**About this exercise**
Here is the task for the records below: repeat exactly the lines from the one with "none ↦ false" to the one with "same_values [] [] = true", both included, and nothing else.

**Data records**
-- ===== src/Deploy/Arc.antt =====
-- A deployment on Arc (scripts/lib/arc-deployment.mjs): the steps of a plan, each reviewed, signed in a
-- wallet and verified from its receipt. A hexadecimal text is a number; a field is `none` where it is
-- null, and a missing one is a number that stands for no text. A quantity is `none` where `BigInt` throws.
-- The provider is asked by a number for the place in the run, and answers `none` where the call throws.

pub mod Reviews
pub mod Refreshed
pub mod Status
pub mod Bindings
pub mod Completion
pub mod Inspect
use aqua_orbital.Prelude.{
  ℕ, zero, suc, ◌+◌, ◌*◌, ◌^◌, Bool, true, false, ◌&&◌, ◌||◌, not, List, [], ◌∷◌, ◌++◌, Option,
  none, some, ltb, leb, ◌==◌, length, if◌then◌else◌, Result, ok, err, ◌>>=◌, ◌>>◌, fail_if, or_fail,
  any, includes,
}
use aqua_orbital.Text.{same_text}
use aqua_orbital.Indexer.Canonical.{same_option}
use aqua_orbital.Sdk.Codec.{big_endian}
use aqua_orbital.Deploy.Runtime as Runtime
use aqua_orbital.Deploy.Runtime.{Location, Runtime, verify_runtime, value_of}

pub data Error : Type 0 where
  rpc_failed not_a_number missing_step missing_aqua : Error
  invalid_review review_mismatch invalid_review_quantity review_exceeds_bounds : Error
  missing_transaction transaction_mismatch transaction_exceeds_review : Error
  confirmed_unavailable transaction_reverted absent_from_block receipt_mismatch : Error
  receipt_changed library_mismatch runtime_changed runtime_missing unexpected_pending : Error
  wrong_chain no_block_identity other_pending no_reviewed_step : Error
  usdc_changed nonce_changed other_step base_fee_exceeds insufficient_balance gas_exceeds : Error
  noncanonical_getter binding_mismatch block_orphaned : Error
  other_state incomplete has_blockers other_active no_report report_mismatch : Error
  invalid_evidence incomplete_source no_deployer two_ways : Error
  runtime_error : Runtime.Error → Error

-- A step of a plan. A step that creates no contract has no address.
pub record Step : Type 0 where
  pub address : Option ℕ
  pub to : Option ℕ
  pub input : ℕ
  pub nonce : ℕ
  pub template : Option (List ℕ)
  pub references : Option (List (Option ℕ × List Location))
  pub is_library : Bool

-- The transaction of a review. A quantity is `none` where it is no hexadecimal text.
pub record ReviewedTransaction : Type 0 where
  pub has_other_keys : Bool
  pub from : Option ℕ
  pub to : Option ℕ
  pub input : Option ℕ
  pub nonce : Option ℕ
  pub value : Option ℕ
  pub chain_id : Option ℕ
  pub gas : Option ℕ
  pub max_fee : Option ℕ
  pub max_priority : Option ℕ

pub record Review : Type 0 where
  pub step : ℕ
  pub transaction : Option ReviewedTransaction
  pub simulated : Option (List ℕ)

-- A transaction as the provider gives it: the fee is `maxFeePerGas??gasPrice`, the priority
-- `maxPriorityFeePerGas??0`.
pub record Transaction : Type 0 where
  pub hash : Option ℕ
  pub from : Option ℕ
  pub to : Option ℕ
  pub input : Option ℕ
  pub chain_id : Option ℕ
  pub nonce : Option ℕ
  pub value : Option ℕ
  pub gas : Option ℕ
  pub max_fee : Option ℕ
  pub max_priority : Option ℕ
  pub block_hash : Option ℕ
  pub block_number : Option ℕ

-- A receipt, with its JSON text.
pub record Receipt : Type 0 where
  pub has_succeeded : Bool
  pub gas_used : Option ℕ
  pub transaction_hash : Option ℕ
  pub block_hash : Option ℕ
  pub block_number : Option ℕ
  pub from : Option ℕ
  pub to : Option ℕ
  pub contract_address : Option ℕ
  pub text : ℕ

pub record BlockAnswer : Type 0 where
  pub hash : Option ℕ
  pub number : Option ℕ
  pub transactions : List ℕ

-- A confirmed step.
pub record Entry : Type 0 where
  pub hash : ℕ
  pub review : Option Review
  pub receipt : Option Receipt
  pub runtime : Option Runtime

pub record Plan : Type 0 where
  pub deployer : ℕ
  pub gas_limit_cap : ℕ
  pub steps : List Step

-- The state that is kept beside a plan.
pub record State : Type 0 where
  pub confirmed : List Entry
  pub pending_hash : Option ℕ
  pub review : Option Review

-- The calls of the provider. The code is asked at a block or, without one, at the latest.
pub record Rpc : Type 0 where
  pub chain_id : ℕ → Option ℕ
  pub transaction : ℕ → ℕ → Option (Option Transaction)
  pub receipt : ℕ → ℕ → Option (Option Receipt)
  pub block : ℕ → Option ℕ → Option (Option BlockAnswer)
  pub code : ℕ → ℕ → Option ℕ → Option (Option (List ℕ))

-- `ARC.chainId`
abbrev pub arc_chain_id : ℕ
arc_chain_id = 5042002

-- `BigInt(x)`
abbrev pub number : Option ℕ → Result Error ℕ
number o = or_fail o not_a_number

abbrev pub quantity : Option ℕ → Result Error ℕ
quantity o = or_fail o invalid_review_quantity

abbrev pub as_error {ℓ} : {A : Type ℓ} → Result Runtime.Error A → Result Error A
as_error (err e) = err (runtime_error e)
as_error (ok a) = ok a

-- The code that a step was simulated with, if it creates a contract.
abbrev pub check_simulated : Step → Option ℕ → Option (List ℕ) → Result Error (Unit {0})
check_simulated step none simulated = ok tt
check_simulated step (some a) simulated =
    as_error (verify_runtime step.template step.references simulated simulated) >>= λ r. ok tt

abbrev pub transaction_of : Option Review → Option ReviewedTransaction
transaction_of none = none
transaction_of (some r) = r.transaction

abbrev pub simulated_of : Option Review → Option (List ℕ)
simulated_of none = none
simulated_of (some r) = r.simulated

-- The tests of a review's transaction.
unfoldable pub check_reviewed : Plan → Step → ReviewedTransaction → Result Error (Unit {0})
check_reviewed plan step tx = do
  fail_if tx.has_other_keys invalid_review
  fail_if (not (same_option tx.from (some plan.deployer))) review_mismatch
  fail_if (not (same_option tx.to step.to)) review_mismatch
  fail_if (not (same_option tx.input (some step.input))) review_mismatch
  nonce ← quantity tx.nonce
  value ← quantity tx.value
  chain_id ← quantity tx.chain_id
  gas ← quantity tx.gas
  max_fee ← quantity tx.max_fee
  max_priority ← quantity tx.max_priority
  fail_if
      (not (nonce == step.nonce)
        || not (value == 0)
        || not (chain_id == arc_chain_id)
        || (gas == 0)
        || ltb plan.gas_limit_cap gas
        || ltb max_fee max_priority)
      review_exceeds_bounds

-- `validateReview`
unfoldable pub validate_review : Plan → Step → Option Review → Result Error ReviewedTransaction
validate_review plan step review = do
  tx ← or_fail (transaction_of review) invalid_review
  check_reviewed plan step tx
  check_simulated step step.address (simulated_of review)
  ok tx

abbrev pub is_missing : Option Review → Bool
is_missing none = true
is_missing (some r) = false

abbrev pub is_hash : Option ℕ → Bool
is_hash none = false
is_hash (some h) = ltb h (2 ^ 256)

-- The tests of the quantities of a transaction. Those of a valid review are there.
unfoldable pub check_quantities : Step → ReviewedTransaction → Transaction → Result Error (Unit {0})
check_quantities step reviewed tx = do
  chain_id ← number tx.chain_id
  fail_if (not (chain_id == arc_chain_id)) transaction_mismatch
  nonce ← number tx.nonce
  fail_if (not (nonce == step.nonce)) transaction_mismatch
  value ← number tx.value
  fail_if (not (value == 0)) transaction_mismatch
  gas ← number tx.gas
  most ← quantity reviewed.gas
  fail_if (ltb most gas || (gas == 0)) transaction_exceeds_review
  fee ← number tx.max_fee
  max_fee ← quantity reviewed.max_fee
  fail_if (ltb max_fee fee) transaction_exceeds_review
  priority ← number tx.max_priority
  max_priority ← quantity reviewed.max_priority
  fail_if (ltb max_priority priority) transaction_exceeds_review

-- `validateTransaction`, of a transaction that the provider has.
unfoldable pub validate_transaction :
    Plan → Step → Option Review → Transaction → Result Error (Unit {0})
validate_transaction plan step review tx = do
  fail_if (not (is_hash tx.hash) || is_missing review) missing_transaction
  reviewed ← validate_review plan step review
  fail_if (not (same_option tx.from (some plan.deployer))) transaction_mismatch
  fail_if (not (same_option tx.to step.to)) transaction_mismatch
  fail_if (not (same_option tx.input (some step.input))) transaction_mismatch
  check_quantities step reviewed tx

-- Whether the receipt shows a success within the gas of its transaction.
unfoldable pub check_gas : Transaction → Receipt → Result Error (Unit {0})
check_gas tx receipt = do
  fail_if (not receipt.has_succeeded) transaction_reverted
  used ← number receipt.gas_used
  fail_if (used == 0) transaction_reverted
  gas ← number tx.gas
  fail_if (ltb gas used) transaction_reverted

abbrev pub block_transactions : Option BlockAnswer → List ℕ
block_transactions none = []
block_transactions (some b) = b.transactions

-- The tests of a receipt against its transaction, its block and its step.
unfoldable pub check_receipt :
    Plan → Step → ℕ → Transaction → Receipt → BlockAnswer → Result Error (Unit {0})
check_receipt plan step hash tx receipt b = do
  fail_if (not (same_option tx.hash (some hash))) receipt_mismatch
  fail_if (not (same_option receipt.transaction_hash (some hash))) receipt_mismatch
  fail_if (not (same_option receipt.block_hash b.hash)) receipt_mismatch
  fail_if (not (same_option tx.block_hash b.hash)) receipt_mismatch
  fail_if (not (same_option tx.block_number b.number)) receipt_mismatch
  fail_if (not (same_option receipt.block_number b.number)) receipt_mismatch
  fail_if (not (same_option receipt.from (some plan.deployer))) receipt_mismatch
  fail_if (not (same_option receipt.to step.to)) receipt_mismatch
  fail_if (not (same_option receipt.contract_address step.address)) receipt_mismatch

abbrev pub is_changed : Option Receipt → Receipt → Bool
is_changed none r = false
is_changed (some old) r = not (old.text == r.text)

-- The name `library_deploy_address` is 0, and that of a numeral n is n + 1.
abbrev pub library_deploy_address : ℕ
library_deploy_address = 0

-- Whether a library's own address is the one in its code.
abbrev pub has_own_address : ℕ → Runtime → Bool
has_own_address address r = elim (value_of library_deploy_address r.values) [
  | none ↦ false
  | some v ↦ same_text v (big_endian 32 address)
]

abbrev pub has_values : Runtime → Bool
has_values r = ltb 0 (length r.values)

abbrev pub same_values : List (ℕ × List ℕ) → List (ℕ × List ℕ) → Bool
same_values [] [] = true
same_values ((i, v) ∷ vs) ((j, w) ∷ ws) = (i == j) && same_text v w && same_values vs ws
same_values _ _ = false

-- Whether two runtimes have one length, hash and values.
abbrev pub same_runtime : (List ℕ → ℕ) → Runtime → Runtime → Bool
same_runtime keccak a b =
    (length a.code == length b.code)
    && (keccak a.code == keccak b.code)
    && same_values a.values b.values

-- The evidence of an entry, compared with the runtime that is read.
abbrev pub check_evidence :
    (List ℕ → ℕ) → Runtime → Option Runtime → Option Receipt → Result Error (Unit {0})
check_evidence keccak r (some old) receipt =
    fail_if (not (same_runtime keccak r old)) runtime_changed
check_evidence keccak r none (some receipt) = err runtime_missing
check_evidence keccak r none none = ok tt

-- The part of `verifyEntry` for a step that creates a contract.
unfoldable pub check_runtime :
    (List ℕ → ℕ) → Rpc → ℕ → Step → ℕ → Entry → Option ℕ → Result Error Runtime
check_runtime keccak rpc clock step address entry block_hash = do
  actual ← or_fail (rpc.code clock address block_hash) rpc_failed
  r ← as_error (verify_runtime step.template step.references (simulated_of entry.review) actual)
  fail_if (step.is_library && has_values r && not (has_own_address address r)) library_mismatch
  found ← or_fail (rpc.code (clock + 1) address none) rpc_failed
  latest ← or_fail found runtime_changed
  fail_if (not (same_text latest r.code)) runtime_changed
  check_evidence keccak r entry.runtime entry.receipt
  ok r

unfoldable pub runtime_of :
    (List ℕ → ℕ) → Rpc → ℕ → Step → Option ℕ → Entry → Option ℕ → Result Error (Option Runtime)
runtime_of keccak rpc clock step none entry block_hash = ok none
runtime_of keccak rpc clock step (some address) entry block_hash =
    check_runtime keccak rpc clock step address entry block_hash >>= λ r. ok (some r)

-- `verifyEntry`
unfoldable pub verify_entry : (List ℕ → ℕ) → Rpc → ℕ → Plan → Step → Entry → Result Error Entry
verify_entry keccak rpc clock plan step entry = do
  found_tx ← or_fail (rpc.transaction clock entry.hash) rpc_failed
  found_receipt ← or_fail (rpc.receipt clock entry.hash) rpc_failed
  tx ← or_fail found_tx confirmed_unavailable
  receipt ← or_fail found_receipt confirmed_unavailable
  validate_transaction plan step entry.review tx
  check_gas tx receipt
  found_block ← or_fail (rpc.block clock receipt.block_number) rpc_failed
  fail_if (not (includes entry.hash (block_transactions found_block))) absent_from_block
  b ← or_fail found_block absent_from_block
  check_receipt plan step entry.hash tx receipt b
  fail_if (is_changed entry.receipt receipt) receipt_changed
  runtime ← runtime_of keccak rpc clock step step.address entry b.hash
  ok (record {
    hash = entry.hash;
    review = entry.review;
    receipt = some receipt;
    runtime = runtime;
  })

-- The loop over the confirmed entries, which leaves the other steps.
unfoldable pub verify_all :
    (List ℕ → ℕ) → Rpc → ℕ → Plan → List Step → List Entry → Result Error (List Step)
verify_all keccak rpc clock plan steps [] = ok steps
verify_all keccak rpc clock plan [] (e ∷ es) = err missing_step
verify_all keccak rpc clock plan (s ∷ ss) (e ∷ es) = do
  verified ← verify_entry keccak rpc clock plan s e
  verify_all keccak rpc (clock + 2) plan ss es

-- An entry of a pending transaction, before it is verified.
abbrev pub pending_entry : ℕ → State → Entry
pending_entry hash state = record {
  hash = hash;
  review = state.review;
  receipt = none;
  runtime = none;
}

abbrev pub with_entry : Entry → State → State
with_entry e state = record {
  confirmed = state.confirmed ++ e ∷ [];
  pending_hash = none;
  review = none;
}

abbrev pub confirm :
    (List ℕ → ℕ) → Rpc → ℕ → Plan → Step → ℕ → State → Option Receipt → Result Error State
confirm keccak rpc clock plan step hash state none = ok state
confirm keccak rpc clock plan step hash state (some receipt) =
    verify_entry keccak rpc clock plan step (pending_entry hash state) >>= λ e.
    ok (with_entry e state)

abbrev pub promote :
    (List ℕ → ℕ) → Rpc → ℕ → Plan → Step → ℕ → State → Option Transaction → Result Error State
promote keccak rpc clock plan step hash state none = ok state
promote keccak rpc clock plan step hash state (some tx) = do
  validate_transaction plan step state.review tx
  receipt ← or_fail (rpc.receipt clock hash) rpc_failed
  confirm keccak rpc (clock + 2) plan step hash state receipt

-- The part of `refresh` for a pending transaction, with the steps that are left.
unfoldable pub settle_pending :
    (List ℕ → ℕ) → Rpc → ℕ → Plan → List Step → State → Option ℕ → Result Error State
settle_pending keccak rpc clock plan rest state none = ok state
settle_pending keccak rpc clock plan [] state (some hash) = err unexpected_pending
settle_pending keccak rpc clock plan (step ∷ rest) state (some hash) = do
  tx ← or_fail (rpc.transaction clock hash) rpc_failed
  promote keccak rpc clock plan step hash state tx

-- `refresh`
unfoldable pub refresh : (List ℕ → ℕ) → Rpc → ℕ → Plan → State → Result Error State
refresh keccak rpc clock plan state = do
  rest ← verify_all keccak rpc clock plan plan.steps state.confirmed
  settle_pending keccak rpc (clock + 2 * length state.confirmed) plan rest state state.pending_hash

**Answer to the problem**
  | none ↦ false
  | some v ↦ same_text v (big_endian 32 address)
]

abbrev pub has_values : Runtime → Bool
has_values r = ltb 0 (length r.values)

abbrev pub same_values : List (ℕ × List ℕ) → List (ℕ × List ℕ) → Bool
same_values [] [] = true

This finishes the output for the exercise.